Here’s the “calculate_baseline” function, which calculates the average of the values from the two baseline regions:

float calculate_baseline(
    __global const float* baseline1Data,
    __global const float* baseline2Data,
    const int baseline1Len,
    const int baseline2Len)
{
    float baseline = 0;
    for (int i = 0; i < baseline1Len; ++i)
    {
        baseline += baseline1Data[i];
    }
    for (int i = 0; i < baseline2Len; ++i)
    {
        baseline += baseline2Data[i];
    }

    return baseline / ((float)(baseline1Len + baseline2Len));
}

And here’s the “noise_correct” function. In a nutshell this iterates over every value in the region, subtracts the baseline, then writes the updated value to the record in the “output” buffer. It also looks for spikes, and when one is found, “erases” the spike from the “output” record by setting the spike’s values to 0:

void noise_correct(
    __global const float* regionData,
    __global float* resultData,
    const int bufferLength,
    const float baseline,
    const int noise_threshold,
    const int spike_threshold)
{
    //First and last value in the region are always set to 0
    resultData[0] = 0.0;
    resultData[bufferLength - 1] = 0.0;
    
    int count = 0;
    int x = bufferLength - 1;
    for (int i = 1; i < x; ++i)
    {
        // Subtract baseline and copy new value to the record in the output buffer
        float value = regionData[i] - baseline;
        if (value <= noise_threshold) value = 0.0;
        resultData[i] = value;

        // This part looks for narrow "spikes" within the region's data.
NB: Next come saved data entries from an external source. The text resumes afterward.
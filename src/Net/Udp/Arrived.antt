-- ===== src/Net/Udp/Arrived.antt =====
-- What waits in the ring, when no burst is assumed: a read or a wait that it suffices for leaves the rest
-- of it, and a poll only adds to it.
use pixel_multiverse_firmwar.Prelude.{
  ℕ, ◌-◌, ◌≤◌, ◌≡◌, ◌≢◌, refl, sym, ap, ◌∙◌, true, List, [], ◌∷◌, ◌++◌, ◌==◌, length, take, drop,
  All, arith, Bool-cases, inl, inr, append-nil, append_assoc, length-take,
}
use pixel_multiverse_firmwar.Net.Udp.{
  Ring, Polls, push, drain, drain_match, receive, read, wait_loop, wait_for,
}
use pixel_multiverse_firmwar.Net.Udp.Queue.{IsValid, view, view-push, push-IsValid, receive-IsValid}
use pixel_multiverse_firmwar.Net.Udp.Stream.{drain-view}
use pixel_multiverse_firmwar.Net.Udp.Matching.{drain_match-IsValid}
use pixel_multiverse_firmwar.Net.Udp.Channel.{Channel, channel_wait_for-append}

module _ (rb : ℕ) where
  pub read-IsValid :
      (len : ℕ) (r : Ring) (ps : Polls) → IsValid rb r → IsValid rb (read rb len r ps).1
  unfolding read
  read-IsValid len r [] v = (drain-view rb len r.count r v refl).2
  read-IsValid len r (p ∷ ps) v =
      let m = drain rb len r.count r in
      let drained = (drain-view rb len r.count r v refl).2 in
      elim (Bool-cases (length m.0 == len)) [
        | inl full ↦ rw full drained
        | inr short ↦ rw short (
            read-IsValid (len - length m.0) (receive rb m.1 p) ps
              (receive-IsValid rb p m.1 drained))
      ]

  wait_loop-IsValid :
      (pattern : List ℕ) (ps : Polls) (k : ℕ) (r : Ring)
      → IsValid rb r
      → IsValid rb (wait_loop rb pattern k r ps).1
  unfolding wait_loop
  wait_loop-IsValid pattern [] k r v = drain_match-IsValid rb pattern k r v
  wait_loop-IsValid pattern (p ∷ ps) k r v =
      let m = drain_match rb pattern r.count k r in
      let drained = drain_match-IsValid rb pattern k r v in
      elim (Bool-cases (m.0 == length pattern)) [
        | inl full ↦ rw full drained
        | inr short ↦
            rw short (
              wait_loop-IsValid pattern ps m.0 (receive rb m.1 p)
                (receive-IsValid rb p m.1 drained))
      ]

  pub wait_for-IsValid :
      (pattern : List ℕ) (r : Ring) (ps : Polls)
      → IsValid rb r
      → IsValid rb (wait_for rb pattern r ps).1
  unfolding wait_for
  wait_for-IsValid [] r ps v = v
  wait_for-IsValid (c ∷ cs) r ps v = wait_loop-IsValid (c ∷ cs) ps 0 r v

  -- A read of no more than what waits.
  pub read-arrived :
      (n : ℕ) (r : Ring) (ps : Polls)
      → IsValid rb r
      → n ≤ length (view rb r)
      → ((read rb n r ps).0 ≡ take n (view rb r))
        × (view rb (read rb n r ps).1 ≡ drop n (view rb r))
  unfolding read
  read-arrived n r [] v there = let m = drain-view rb n r.count r v refl in (m.0, m.1)
  read-arrived n r (p ∷ ps) v there =
      let m = drain-view rb n r.count r v refl in
      let all : length (drain rb n r.count r).0 ≡ n =
        ap length m.0 ∙ length-take n (view rb r) there in
      let full : (length (drain rb n r.count r).0 == n) ≡ true = ground (arith, all) in
      rw full (m.0, m.1)

  wait_for-drained :
      (b : ℕ) (bs rest : List ℕ) (r : Ring)
      → All (λ x. x ≢ b) bs
      → IsValid rb r
      → view rb r ≡ (b ∷ bs) ++ rest
      → ((wait_for rb (b ∷ bs) r []).0 ≡ true) × (view rb (wait_for rb (b ∷ bs) r []).1 ≡ rest)
  unfolding wait_for wait_loop
  wait_for-drained b bs rest r once v e =
      let c : Channel rb = record { ring = r; polls = []; valid = v; calm = tt } in
      let got = channel_wait_for-append rb b bs rest c once (append-nil (view rb r) ∙ e) in
      (got.0, sym (append-nil _) ∙ got.1)

  -- A wait for a pattern that waits in front, its first byte not again in it.
  pub wait_for-arrived :
      (b : ℕ) (bs rest : List ℕ) (r : Ring) (ps : Polls)
      → All (λ x. x ≢ b) bs
      → IsValid rb r
      → view rb r ≡ (b ∷ bs) ++ rest
      → ((wait_for rb (b ∷ bs) r ps).0 ≡ true) × (view rb (wait_for rb (b ∷ bs) r ps).1 ≡ rest)
  unfolding wait_for wait_loop
  wait_for-arrived b bs rest r [] once v e = wait_for-drained b bs rest r once v e
  wait_for-arrived b bs rest r (p ∷ ps) once v e =
      let got = wait_for-drained b bs rest r once v e in
      let heard : ((drain_match rb (b ∷ bs) r.count 0 r).0 == length (b ∷ bs)) ≡ true = got.0 in
      rw heard (refl, got.1)

  receive-grows :
      (qs : List (List ℕ)) (r : Ring)
      → IsValid rb r
      → (more : List ℕ) × (view rb (receive rb r qs) ≡ view rb r ++ more)
  unfolding receive
  receive-grows [] r v = ([], sym (append-nil (view rb r)))
  receive-grows (q ∷ qs) r v =
      let ih = receive-grows qs (push rb r q) (push-IsValid rb q r v) in
      let fits = take (rb - r.count) q in
      (
        fits ++ ih.0,
        ih.1 ∙ (ap (λ t. t ++ ih.0) (view-push rb q r v) ∙ append_assoc (view rb r) fits ih.0),
      )

  -- The polls that one call of the transport's poll makes.
  unfoldable pub absorb : Ring → Polls → Ring
  unfolding receive
  absorb r [] = r
  absorb r (p ∷ ps) = absorb (receive rb r p) ps

  pub absorb-grows :
      (ps : Polls) (r : Ring)
      → IsValid rb r
      → IsValid rb (absorb r ps) × ((more : List ℕ) × (view rb (absorb r ps) ≡ view rb r ++ more))
  unfolding absorb
  absorb-grows [] r v = (v, ([], sym (append-nil (view rb r))))
  absorb-grows (p ∷ ps) r v =
      let first = receive-grows p r v in
      let ih = absorb-grows ps (receive rb r p) (receive-IsValid rb p r v) in
      (
        ih.0,
        (
          first.0 ++ ih.1.0,
          ih.1.1 ∙ (ap (λ t. t ++ ih.1.0) first.1 ∙ append_assoc (view rb r) first.0 ih.1.0),
        ),
      )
When one is found, the values that
        // make up the spike are replaced by 0.
        if (value > 0.0)
        {
            ++count;
        }
        else
        {
            if (count > 0 && count <= spike_threshold)
            {				
                for (int j = i - count; j < i; ++j)
                {
                    resultData[j] = 0.0;
                }
            }
            count = 0;
        }
    }
}

There are clearly a lot of local variables and “for” loops in all this code, but I can’t see a way to optimise these given that region sizes can vary.

I realise it’s common practice to copy data from the global “input_buffer” to local arrays to work on, but (unless I’m missing something) this seemed unnecessary - the kernel only iterates over the regions’ values once, so whether you do this directly or copy the values to local first, either way it involves accessing the regions’ values in global memory.